08 June 2010

Learning from the PL/SQL Challenge

From the desktop of Steven Feuerstein

Working on the PL/SQL Challenge has been a humbling experience. If a person is familiar with my professional career, they probably would agree that I am good at writing and know PL/SQL well. So you'd think it would be a "no brainer" to write hundreds and hundreds of clear, unambiguous and interesting quizzes.


In fact, it has been a very, ahem, challenging experience - and also a learning experience. Not only have I been introduced to nuances of the Oracle technology stack with which I was not previously familiar, but I have also been reminded of how difficult it can be to construct sentences that have no ambiguity in them.

Here's the way one person put it: "You need to get better at writing the questions. Often they are ambiguous, I find and I've been writing PL/SQL for about 15 years. I'm not saying I know everything by a long shot, just that I find some of the questions and possible answers to be confusing."

Now, I suppose that we (Finn and I, the founders of the PL/SQL Challenge) could take the approach of "standing by" our quizzes and refusing to acknowledge the questions and criticism that come in, sometimes at a rapid clip. We could avoid talking about mistakes we have made.

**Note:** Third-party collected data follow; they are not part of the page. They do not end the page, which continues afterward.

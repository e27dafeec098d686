-- ===== src/Util/Formula/Parse.antt =====
-- A comparison that is written and parsed is the same comparison.
use netsystem.Base.{
  ℕ, suc, ◌+◌, ◌<◌, ◌≡◌, refl, sym, ap, ◌∙◌, Bool, true, false, ◌&&◌, List, [], ◌∷◌, ◌++◌,
  append-nil, append_assoc, if◌then◌else◌, ltb, ◌==◌, length, length-append, arith, lt→ltb, some,
  ◌>>=◌,
}
use netsystem.Util.Hex.{is_empty}
use netsystem.Util.Formula.{
  FormulaTestFlag, formula_test_unknown, formula_test_equal, formula_test_not_equal,
  formula_test_less_than, formula_test_greater_than, formula_test_less_or_eq,
  formula_test_greater_or_eq, is_blank, is_operator, drop_blanks, trim_tail, collect, left_from,
  next_is_eq, flag_of, right_from, finish_formula, from_operator, split_simple_formula,
}

-- A list of blanks, and one without operators.
unfoldable pub Blanks : List ℕ → Type 0
Blanks [] = Unit
Blanks (c ∷ str) = (is_blank c ≡ true) × Blanks str

unfoldable pub NoOperators : List ℕ → Type 0
NoOperators [] = Unit
NoOperators (c ∷ str) = (is_operator c ≡ false) × NoOperators str

-- A side as it comes back, with the blanks around it in the text: it starts with no blank, does not end
-- with one, and fits its buffer with the blanks behind it.
pub record IsSide (x : ℕ) (others before after : List ℕ) : Type 0 where
  pub starts : is_blank x ≡ false
  pub ends : drop_blanks others ≡ others
  pub before_blank : Blanks before
  pub after_blank : Blanks after
  pub short : length others + length after < 63

-- The operators as they are written.
unfoldable pub operator_of : FormulaTestFlag → ℕ
operator_of formula_test_unknown = 33
operator_of formula_test_equal = 61
operator_of formula_test_not_equal = 33
operator_of formula_test_less_than = 60
operator_of formula_test_greater_than = 62
operator_of formula_test_less_or_eq = 60
operator_of formula_test_greater_or_eq = 62

unfoldable pub with_eq : FormulaTestFlag → Bool
with_eq formula_test_unknown = false
with_eq formula_test_equal = true
with_eq formula_test_not_equal = true
with_eq formula_test_less_than = false
with_eq formula_test_greater_than = false
with_eq formula_test_less_or_eq = true
with_eq formula_test_greater_or_eq = true

unfoldable pub symbol : FormulaTestFlag → List ℕ
symbol f = operator_of f ∷ (if with_eq f then 61 ∷ [] else [])

blank-not-operator : (c : ℕ) → is_blank c ≡ true → is_operator c ≡ false
unfolding is_blank is_operator
blank-not-operator c e = ground arith

drop_blanks-Blanks : (bs : List ℕ) → Blanks bs → drop_blanks bs ≡ []
unfolding Blanks drop_blanks is_empty
drop_blanks-Blanks [] b = refl
drop_blanks-Blanks (c ∷ bs) (b, rest) = rw (drop_blanks-Blanks bs rest, b) refl

drop_blanks-append : (str bs : List ℕ) → Blanks bs → drop_blanks (str ++ bs) ≡ drop_blanks str
unfolding drop_blanks
drop_blanks-append [] bs b = drop_blanks-Blanks bs b
drop_blanks-append (c ∷ str) bs b = rw (drop_blanks-append str bs b) refl

collect-blank : (c : ℕ) → is_blank c ≡ true → collect [] c ≡ []
unfolding collect is_empty
collect-blank c e = rw e refl

collect-first : (c : ℕ) → is_blank c ≡ false → collect [] c ≡ c ∷ []
unfolding collect is_empty
collect-first c e = rw e refl

right_from-skip : (bs str : List ℕ) → Blanks bs → right_from [] (bs ++ str) ≡ right_from [] str
unfolding right_from Blanks
right_from-skip [] str b = refl
right_from-skip (c ∷ bs) str (b, rest) =
    ap (λ s. right_from s (bs ++ str)) (collect-blank c b) ∙ right_from-skip bs str rest

right_from-keep : (x : ℕ) (side str : List ℕ) → right_from (x ∷ side) str ≡ x ∷ side ++ str
unfolding right_from collect is_empty
right_from-keep x side [] = sym (append-nil (x ∷ side))
right_from-keep x side (c ∷ str) =
    right_from-keep x (side ++ (c ∷ [])) str ∙ ap (◌∷◌ x) (append_assoc side (c ∷ []) str)

left_from-skip : (bs str : List ℕ) → Blanks bs → left_from [] (bs ++ str) ≡ left_from [] str
unfolding left_from Blanks
left_from-skip [] str b = refl
left_from-skip (c ∷ bs) str (b, rest) =
    rw (blank-not-operator c b, collect-blank c b) (left_from-skip bs str rest)

left_from-keep :
    (x : ℕ) (side str rest : List ℕ)
    → NoOperators str
    → length side + length str < 63
    → left_from (x ∷ side) (str ++ rest) ≡ left_from (x ∷ side ++ str) rest
unfolding left_from NoOperators collect is_empty
left_from-keep x side [] rest n h = ap (λ s. left_from s rest) (sym (append-nil (x ∷ side)))
left_from-keep x side (c ∷ str) rest (no_op, n) h =
    rw (lt→ltb (suc (length side) + 1) 64 (omega arith), no_op)
      (left_from-keep x (side ++ (c ∷ [])) str rest n (omega (arith, length-append side (c ∷ [])))
        ∙ ap (λ s. left_from (x ∷ s) rest) (append_assoc side (c ∷ []) str))

right_lem :
    (x : ℕ) (side bs bs' : List ℕ)
    → Blanks bs
    → Blanks bs'
    → is_blank x ≡ false
    → right_from [] (bs ++ (x ∷ side) ++ bs') ≡ x ∷ side ++ bs'
unfolding right_from
right_lem x side bs bs' b b' starts =
    ap (right_from []) (append_assoc bs (x ∷ side) bs')
    ∙ right_from-skip bs (x ∷ side ++ bs') b
    ∙ ap (λ s. right_from s (side ++ bs')) (collect-first x starts)
    ∙ right_from-keep x [] (side ++ bs')

NoOperators-append : (str bs : List ℕ) → NoOperators str → Blanks bs → NoOperators (str ++ bs)
unfolding NoOperators Blanks
NoOperators-append [] [] n b = tt
NoOperators-append [] (c ∷ bs) n (b, rest) =
    (blank-not-operator c b, NoOperators-append [] bs tt rest)
NoOperators-append (c ∷ str) bs (n, rest) b = (n, NoOperators-append str bs rest b)

and_false : (b : Bool) → (b && false) ≡ false
and_false true = refl
and_false false = refl

left_from-stop :
    (side : List ℕ) (op : ℕ) (str : List ℕ)
    → is_operator op ≡ true
    → left_from side (op ∷ str) ≡ some (trim_tail side, op ∷ str)
unfolding left_from
left_from-stop side op str e = rw (e, and_false (ltb (length side + 1) 64)) refl

left_lem :
    (x : ℕ) (side bs bs' : List ℕ) (op : ℕ) (str : List ℕ)
    → IsSide x side bs bs'
    → NoOperators (x ∷ side)
    → is_operator op ≡ true
    → left_from [] (bs ++ (x ∷ side) ++ bs' ++ (op ∷ str)) ≡ some (x ∷ side, op ∷ str)
unfolding left_from NoOperators trim_tail
left_lem x side bs bs' op str s (nx, n) is_op =
    ap (left_from [])
      (append_assoc (bs ++ (x ∷ side)) bs' (op ∷ str) ∙ append_assoc bs (x ∷ side) _)
    ∙ left_from-skip bs (x ∷ side ++ (bs' ++ (op ∷ str))) s.before_blank
    ∙ rw (nx, collect-first x s.starts) refl
    ∙ ap (left_from (x ∷ [])) (sym (append_assoc side bs' (op ∷ str)))
    ∙ left_from-keep x [] (side ++ bs') (op ∷ str) (NoOperators-append side bs' n s.after_blank)
        (omega (arith, length-append side bs', s.short))
    ∙ left_from-stop (x ∷ side ++ bs') op str is_op
    ∙ ap (λ l. some (x ∷ l, op ∷ str)) (drop_blanks-append side bs' s.after_blank ∙ s.ends)

next_is_eq-Blanks :
    (y : ℕ) (bs str : List ℕ) → Blanks bs → (y == 61) ≡ false → next_is_eq (bs ++ (y ∷ str)) ≡ false
unfolding next_is_eq Blanks is_blank
next_is_eq-Blanks y [] str b ne = ne
next_is_eq-Blanks y (c ∷ bs) str (b, _) ne = ground arith

operator_of-is_operator : (f : FormulaTestFlag) → is_operator (operator_of f) ≡ true
unfolding is_operator operator_of
operator_of-is_operator formula_test_unknown = refl
operator_of-is_operator formula_test_equal = refl
operator_of-is_operator formula_test_not_equal = refl
operator_of-is_operator formula_test_less_than = refl
operator_of-is_operator formula_test_greater_than = refl
operator_of-is_operator formula_test_less_or_eq = refl
operator_of-is_operator formula_test_greater_or_eq = refl

flag_of-operator_of : (f : FormulaTestFlag) → flag_of (operator_of f) (with_eq f) ≡ f
unfolding flag_of operator_of with_eq
flag_of-operator_of formula_test_unknown = refl
flag_of-operator_of formula_test_equal = refl
flag_of-operator_of formula_test_not_equal = refl
flag_of-operator_of formula_test_less_than = refl
flag_of-operator_of formula_test_greater_than = refl
flag_of-operator_of formula_test_less_or_eq = refl
flag_of-operator_of formula_test_greater_or_eq = refl

-- What stands behind the operator sign, whether or not `=` belongs to it.
from_operator_lem :
    (left : List ℕ) (op : ℕ) (eq : Bool) (str : List ℕ)
    → next_is_eq str ≡ false
    → from_operator (left, op ∷ ((if eq then 61 ∷ [] else []) ++ str))
      ≡ finish_formula left (flag_of op eq) (right_from [] str)
unfolding from_operator next_is_eq
from_operator_lem left op true str e = refl
from_operator_lem left op false str e = rw e refl

finish_lem :
    (left : List ℕ) (flag : FormulaTestFlag) (y : ℕ) (side bs bs' : List ℕ)
    → IsSide y side bs bs'
    → finish_formula left flag (right_from [] (bs ++ (y ∷ side) ++ bs'))
      ≡ some (record { left = left; right = y ∷ side; test_flag = flag })
unfolding finish_formula trim_tail
finish_lem left flag y side bs bs' s =
    ap (finish_formula left flag) (right_lem y side bs bs' s.before_blank s.after_blank s.starts)
    ∙ rw (lt→ltb (suc (length (side ++ bs'))) 64 (omega (arith, length-append side bs', s.short))) (
        ap (λ r. some (record { left = left; right = y ∷ r; test_flag = flag }))
          (drop_blanks-append side bs' s.after_blank ∙ s.ends))

-- A comparison that is written as a text, with any blanks around its sides, is parsed into its sides
-- without the blanks and its operator, if neither side is empty or longer with its blanks than the
-- buffer, the left one holds no operator sign and the right one does not start with `=`.
pub split_simple_formula-symbol :
    (x : ℕ) (l before after : List ℕ) (f : FormulaTestFlag) (y : ℕ) (r before' after' : List ℕ)
    → IsSide x l before after
    → NoOperators (x ∷ l)
    → IsSide y r before' after'
    → (y == 61) ≡ false
    → split_simple_formula
        (before ++ (x ∷ l) ++ after ++ (symbol f ++ (before' ++ (y ∷ r) ++ after')))
      ≡ some (record { left = x ∷ l; right = y ∷ r; test_flag = f })
unfolding split_simple_formula symbol
split_simple_formula-symbol x l before after f y r before' after' sl n sr ne =
    let no_eq : next_is_eq (before' ++ (y ∷ r) ++ after') ≡ false =
      ap next_is_eq (append_assoc before' (y ∷ r) after')
      ∙ next_is_eq-Blanks y before' (r ++ after') sr.before_blank ne in
    ap (λ m. m >>= from_operator)
      (left_lem x l before after (operator_of f) _ sl n (operator_of-is_operator f))
    ∙ from_operator_lem (x ∷ l) (operator_of f) (with_eq f) (before' ++ (y ∷ r) ++ after') no_eq
    ∙ finish_lem (x ∷ l) (flag_of (operator_of f) (with_eq f)) y r before' after' sr
    ∙ ap (λ flag. some (record { left = x ∷ l; right = y ∷ r; test_flag = flag }))
        (flag_of-operator_of f)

We have decided, instead, to be as open as possible. If we mistake, we fix it (adjust scores, re-rank). We tell everyone what we are doing. We give a prize to the first person who identifies a mistake in a quiz. Along the way, we clarify our assumptions but also work on tightening up our language. Hopefully we also retain the trust of our players, many of whom have told us that they have greatly enjoyed the PL/SQL Challenge and learned much from it already, partly because it generates discussion on their team about PL/SQL capabilities.

So please do keep playing the quiz and continue to notify us of any problems you encounter with a quiz or with the website.